I have just released version 2.0.2 of the Synthesis library for Synergy/DE 9.3 and above. You can download the library sources using the link at the bottom of this page. This version includes a few minor corrections, and the following enhancements:
Regular Expressions (Regex class)
You can now back-reference a captured group within the pattern itself. This is particularly useful for matching pairs of items, like quotes or HTML tags. For instance,
R$("/(['""]).*\1/") matches a quoted string, either in single or double quotes, but not mixed. Note that the duplicate " in the character class is merely used to insert a quote into a quoted string in Synergy/DE. For repeating groups, the back-reference uses the most recently encountered value. If a reference is made to a group that has not yet been captured, then a zero-length string is used.
If you want to using grouping but don’t want it numbered among potential back-references, you can now enclose it within
(?: ). That can be useful when you need more than 9 groupings, because you can’t have more than 9 back-references (at least, not until I implement named groups).
You can now insert a comment in your regex even if you aren’t using Extended syntax mode, by enclosing it within
Lists (ls class)
While tuning a QuickSort algorithm in C for a client, it occurred to me to try some of the same optimizations on the quicksort method of ls. Changing the algorithm to use the “collapse the walls” approach and falling back to an insertion sort when the list contains fewer than five elements both improved performance significantly. I experimented with trying to optimize the pivot value using both a median of 3 and a pseudomedian of 9, but neither of those approaches yielded any benefit. I think that the overhead of invoking the compare test generally outweighs the benefit of using a better pivot value, extreme cases excepted.

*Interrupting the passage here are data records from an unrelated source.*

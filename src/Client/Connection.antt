-- ===== src/Client/Connection.antt =====
-- What `SocketInterface` of cpp/src/nsb.cc receives, connects and closes.
use nsb_beta.Base.{
  ℕ, zero, suc, ◌<◌, ◌≡◌, refl, inl, inr, Bool, true, false, none, some, List, [], ◌∷◌, ◌++◌, arith,
  if◌then◌else◌, Option-cases, length, is_empty, Bytes, ℤ, pos, minus_one,
}
use nsb_beta.Daemon.Recv.{recv_size, recv_calls, read_all-recv_calls}
use nsb_beta.Outcome.{Outcome, ok, fault, ◌>>=◌}
use nsb_beta.Client.Base.{Channel, ctrl, send, recv}
use nsb_beta.Client.Socket.{
  no_conns, Conns, Action, shuts, closes, ChannelRun, channels, connect_channels, set_nonblocking,
  connect_to_server, close_connection, destroy_client, Wait, readable, receive_message,
}

-- `receiveMessage` returns in one message every byte that waits when `select` first finds the
-- socket readable, if any does, when it may make one call of `recv` more than there are bytes.
pub receive_message_reads :
    (fuel : ℕ) (waiting : Bytes) (ws : List Wait)
    → length waiting < fuel
    → is_empty waiting ≡ false
    → receive_message (readable (recv_calls fuel recv_size waiting) ∷ ws) ≡ some waiting
unfolding receive_message
receive_message_reads fuel waiting ws h k =
    rw (read_all-recv_calls fuel recv_size waiting h (omega arith)) (rw k)

-- The passes of the loop once the peer has closed the connection: the socket is readable, and
-- `recv` returns 0.
pub closed_by_peer : ℕ → List Wait
closed_by_peer zero = []
closed_by_peer (suc n) = readable ([] ∷ []) ∷ closed_by_peer n

-- After the peer has closed the connection `receiveMessage` goes round without end: it has not
-- returned after any number of passes.
pub receive_message_spins : (n : ℕ) → receive_message (closed_by_peer n) ≡ none
unfolding receive_message closed_by_peer
receive_message_spins zero = refl
receive_message_spins (suc n) = receive_message_spins n

set_nonblocking_cons :
    (nonblocking : ℤ → Bool) (ch : Channel) (chs : List Channel) (conns : Conns)
    → set_nonblocking nonblocking (ch ∷ chs) conns ≡ ok (pos 0)
    → (fd : ℤ) × (conns ch ≡ some fd) × (set_nonblocking nonblocking chs conns ≡ ok (pos 0))
unfolding set_nonblocking
set_nonblocking_cons nonblocking ch chs conns h = elim (Option-cases (conns ch)) [
  | inl e ↦ ground arith
  | inr (fd, e) ↦ (fd, e, ground arith)
]

-- The descriptors of the three channels.
pub record Connected (conns : Conns) : Type 0 where
  pub ctrl_fd : ℤ
  pub send_fd : ℤ
  pub recv_fd : ℤ
  pub on_ctrl : conns ctrl ≡ some ctrl_fd
  pub on_send : conns send ≡ some send_fd
  pub on_recv : conns recv ≡ some recv_fd

-- What `closeConnection` does to them.
abbrev pub closing : {conns : Conns} → Connected conns → List Action
closing c =
    shuts c.ctrl_fd
    ∷ closes c.ctrl_fd
    ∷ shuts c.send_fd
    ∷ closes c.send_fd
    ∷ shuts c.recv_fd
    ∷ closes c.recv_fd
    ∷ []

-- What `connectToServer` returns.
abbrev Connects : Type 0
Connects = ℤ × Conns × List Action

nonblocking_of_success :
    (nonblocking : ℤ → Bool) (made conns : Conns) (before acts : List Action) (status : Outcome ℤ)
    → set_nonblocking nonblocking channels made ≡ status
    → ◌>>=◌ {B = Connects} status (λ n. ok (n, made, before)) ≡ ok (pos 0, conns, acts)
    → set_nonblocking nonblocking channels conns ≡ ok (pos 0)
nonblocking_of_success nonblocking made conns before acts (ok n) e h = cc
nonblocking_of_success nonblocking made conns before acts (fault f) e h = cc

success_of_connect :
    (done : Bool) (nonblocking : ℤ → Bool) (made conns : Conns) (before acts : List Action)
    → (if done
        then ◌>>=◌ {B = Connects}
            (set_nonblocking nonblocking channels made)
            (λ n. ok (n, made, before))
        else ok (minus_one, made, before))
      ≡ ok (pos 0, conns, acts)
    → set_nonblocking nonblocking channels conns ≡ ok (pos 0)
success_of_connect true nonblocking made conns before acts h =
    nonblocking_of_success nonblocking made conns before acts _ refl h
success_of_connect false nonblocking made conns before acts h = cc

-- When `connectToServer` returns 0 each of the three channels has a descriptor.
pub connect_to_server_connects :
    (runs : Channel → ChannelRun) (nonblocking : ℤ → Bool) (conns : Conns) (acts : List Action)
    → connect_to_server runs nonblocking ≡ ok (pos 0, conns, acts)
    → Connected conns
unfolding connect_to_server
connect_to_server_connects runs nonblocking conns acts h =
    let set =
      success_of_connect (connect_channels runs channels no_conns).0 nonblocking
        (connect_channels runs channels no_conns).1 conns
        (connect_channels runs channels no_conns).2 acts h in
    let (c, on_c, set') = set_nonblocking_cons nonblocking ctrl (send ∷ recv ∷ []) conns set in
    let (s, on_s, set'') = set_nonblocking_cons nonblocking send (recv ∷ []) conns set' in
    let (r, on_r, _) = set_nonblocking_cons nonblocking recv [] conns set'' in
    record { ctrl_fd = c; send_fd = s; recv_fd = r; on_ctrl = on_c; on_send = on_s; on_recv = on_r }

close_connection_lem :
    (conns : Conns) (c : Connected conns) → close_connection conns ≡ ok (closing c)
unfolding close_connection
close_connection_lem conns c = rw (c.on_ctrl, close_connection) (rw (c.on_send) (rw c.on_recv))

-- After a connection that succeeded, `closeConnection` shuts and closes each channel once, in the
-- order of the channels.
pub close_connection-connect :
    (runs : Channel → ChannelRun) (nonblocking : ℤ → Bool) (conns : Conns) (acts : List Action)
    → connect_to_server runs nonblocking ≡ ok (pos 0, conns, acts)
    → (c : Connected conns) × (close_connection conns ≡ ok (closing c))
close_connection-connect runs nonblocking conns acts h =
    let c = connect_to_server_connects runs nonblocking conns acts h in
    (c, close_connection_lem conns c)

-- The destructor of a client with three connected channels shuts and closes each of them twice.
destroy_client_closes_twice :
    (conns : Conns) (c : Connected conns) → destroy_client conns ≡ ok (closing c ++ closing c)
unfolding destroy_client
destroy_client_closes_twice conns c = let e = close_connection_lem conns c in rw (e, destroy_client)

Then it occurred to me to take another look at my mergesort method to see if that could be tuned at all. Sure enough, I figured out how to cut down the number of copy operations by about half. This improved performance dramatically (as you might expect), and made mergesort faster than quicksort when the list contains about 100,000 elements or more (down from 900,000 in the previous version, even with the improvements to quicksort). Below 100,000 elements, quicksort still wins consistently.
So, I decided to make the sort method into a hybrid. It chooses quicksort for lists of less than 100,000 items. For more than that, it starts out as a mergesort, but for any segment that contains less than 100,000 items it switches to quicksort. Since quicksort switches to Insertion sort on less than 5 items, we get a combination of three different sort algorithms, depending on the size of the set being sorted. This hybrid performs comparably to quicksort up to 100,000 (as you would expect), but beyond that point it outperforms both mergesort and quicksort by taking advantage of the strengths of both approaches.
Of course, MergeSort and QuickSort bring other considerations to the table besides performance. MergeSort uses O(N) additional memory, while QuickSort does everything in place. However, MergeSort is stable (meaning, the order of duplicates is preserved), while my new quicksort algorithm is not. Since the sort method combines these approaches, it is neither stable nor lean on memory, but it performs best. So, depending on your needs, you can choose which sort to use:
- Fast: sort
- Lean: quicksort
- Stable: mergesort
I improved the performance of the CodeCoverage class by caching the source file object, rather than always looking it up in the associative list. That benefits sampling of executables that stay in one source file for a number of lines at a time. I also improved the code coverage for most of the test routines.